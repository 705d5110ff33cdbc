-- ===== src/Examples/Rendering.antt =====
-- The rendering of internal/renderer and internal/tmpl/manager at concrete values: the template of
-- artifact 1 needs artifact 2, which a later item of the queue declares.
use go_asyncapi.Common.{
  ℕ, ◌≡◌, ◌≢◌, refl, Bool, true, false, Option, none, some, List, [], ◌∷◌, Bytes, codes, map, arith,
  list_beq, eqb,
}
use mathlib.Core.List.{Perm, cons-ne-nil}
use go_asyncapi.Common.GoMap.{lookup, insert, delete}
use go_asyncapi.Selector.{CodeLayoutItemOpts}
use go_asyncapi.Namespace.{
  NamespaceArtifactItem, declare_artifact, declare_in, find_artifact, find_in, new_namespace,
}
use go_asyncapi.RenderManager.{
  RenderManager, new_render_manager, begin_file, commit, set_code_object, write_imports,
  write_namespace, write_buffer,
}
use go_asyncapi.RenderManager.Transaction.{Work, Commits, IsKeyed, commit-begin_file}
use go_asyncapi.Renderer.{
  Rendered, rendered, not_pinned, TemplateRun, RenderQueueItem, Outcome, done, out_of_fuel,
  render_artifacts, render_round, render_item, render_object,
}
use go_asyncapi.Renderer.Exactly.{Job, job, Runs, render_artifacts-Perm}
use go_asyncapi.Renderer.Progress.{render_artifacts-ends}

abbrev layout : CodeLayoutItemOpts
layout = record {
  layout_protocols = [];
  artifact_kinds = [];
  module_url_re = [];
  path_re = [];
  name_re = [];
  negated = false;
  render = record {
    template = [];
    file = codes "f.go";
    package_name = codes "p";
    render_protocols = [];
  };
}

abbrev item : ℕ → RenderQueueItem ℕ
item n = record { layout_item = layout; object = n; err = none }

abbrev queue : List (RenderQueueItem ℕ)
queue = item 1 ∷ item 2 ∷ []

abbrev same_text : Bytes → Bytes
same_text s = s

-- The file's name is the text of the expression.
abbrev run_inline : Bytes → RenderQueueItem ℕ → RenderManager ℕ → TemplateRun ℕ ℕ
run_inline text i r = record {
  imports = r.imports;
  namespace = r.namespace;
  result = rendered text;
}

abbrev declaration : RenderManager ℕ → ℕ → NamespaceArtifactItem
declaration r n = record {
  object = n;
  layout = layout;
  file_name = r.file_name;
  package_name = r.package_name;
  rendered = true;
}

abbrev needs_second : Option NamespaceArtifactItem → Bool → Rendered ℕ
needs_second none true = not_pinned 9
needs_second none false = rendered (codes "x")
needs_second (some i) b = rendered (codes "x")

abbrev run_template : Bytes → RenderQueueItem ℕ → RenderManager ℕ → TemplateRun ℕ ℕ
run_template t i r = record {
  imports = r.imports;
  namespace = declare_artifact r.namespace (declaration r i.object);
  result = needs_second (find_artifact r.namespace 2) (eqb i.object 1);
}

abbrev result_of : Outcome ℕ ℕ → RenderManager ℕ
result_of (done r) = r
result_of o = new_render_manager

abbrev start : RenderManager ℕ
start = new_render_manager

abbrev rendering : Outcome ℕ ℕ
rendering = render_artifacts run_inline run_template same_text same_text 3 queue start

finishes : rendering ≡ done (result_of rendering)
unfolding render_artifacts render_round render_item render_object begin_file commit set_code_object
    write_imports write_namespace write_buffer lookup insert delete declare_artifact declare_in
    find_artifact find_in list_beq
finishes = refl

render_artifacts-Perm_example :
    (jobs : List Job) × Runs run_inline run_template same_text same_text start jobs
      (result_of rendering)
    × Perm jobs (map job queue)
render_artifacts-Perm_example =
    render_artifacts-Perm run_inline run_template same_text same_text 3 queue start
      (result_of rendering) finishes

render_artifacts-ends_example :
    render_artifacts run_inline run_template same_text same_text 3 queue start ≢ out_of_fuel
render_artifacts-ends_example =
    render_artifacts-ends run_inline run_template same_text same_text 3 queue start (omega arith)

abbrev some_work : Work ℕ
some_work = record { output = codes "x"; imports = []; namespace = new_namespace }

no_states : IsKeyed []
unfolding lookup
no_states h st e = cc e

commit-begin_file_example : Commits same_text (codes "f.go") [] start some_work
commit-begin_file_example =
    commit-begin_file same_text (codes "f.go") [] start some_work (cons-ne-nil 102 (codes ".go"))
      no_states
++++
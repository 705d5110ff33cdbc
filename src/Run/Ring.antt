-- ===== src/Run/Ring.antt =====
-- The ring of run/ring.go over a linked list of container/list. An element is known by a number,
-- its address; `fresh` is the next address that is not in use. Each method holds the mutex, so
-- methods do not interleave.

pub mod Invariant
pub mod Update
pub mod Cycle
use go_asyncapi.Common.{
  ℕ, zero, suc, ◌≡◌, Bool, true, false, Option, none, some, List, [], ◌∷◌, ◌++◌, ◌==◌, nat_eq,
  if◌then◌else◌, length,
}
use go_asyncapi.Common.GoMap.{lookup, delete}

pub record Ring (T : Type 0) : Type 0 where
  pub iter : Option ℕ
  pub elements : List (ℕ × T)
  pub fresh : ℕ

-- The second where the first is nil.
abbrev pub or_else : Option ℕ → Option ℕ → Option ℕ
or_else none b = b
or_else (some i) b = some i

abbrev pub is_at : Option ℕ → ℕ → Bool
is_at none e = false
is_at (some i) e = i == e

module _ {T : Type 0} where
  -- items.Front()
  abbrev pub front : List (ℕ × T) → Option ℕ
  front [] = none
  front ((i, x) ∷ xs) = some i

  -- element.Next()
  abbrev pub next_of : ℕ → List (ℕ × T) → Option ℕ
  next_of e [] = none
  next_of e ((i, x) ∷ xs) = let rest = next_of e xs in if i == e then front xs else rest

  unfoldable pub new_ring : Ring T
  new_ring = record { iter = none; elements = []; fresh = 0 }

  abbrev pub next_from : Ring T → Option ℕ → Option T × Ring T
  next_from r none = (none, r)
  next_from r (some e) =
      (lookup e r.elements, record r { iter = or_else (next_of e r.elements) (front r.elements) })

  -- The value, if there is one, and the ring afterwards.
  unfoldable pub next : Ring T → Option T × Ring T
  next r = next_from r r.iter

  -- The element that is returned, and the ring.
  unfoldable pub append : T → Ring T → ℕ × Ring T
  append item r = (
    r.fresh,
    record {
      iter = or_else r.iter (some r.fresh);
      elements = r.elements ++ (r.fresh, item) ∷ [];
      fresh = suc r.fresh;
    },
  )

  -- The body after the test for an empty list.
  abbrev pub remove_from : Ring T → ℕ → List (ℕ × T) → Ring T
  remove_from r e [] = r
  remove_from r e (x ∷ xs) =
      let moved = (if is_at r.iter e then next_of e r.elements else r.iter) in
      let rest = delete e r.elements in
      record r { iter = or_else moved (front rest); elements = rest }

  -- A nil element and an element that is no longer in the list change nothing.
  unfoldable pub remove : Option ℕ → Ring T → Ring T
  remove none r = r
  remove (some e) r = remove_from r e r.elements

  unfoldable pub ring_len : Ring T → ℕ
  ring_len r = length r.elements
++++
§ ASSIGNMENT
Go through the records above and, whenever a line includes the word "finishes", copy it.

§ TASK RESULT
finishes : rendering ≡ done (result_of rendering)
finishes = refl
      (result_of rendering) finishes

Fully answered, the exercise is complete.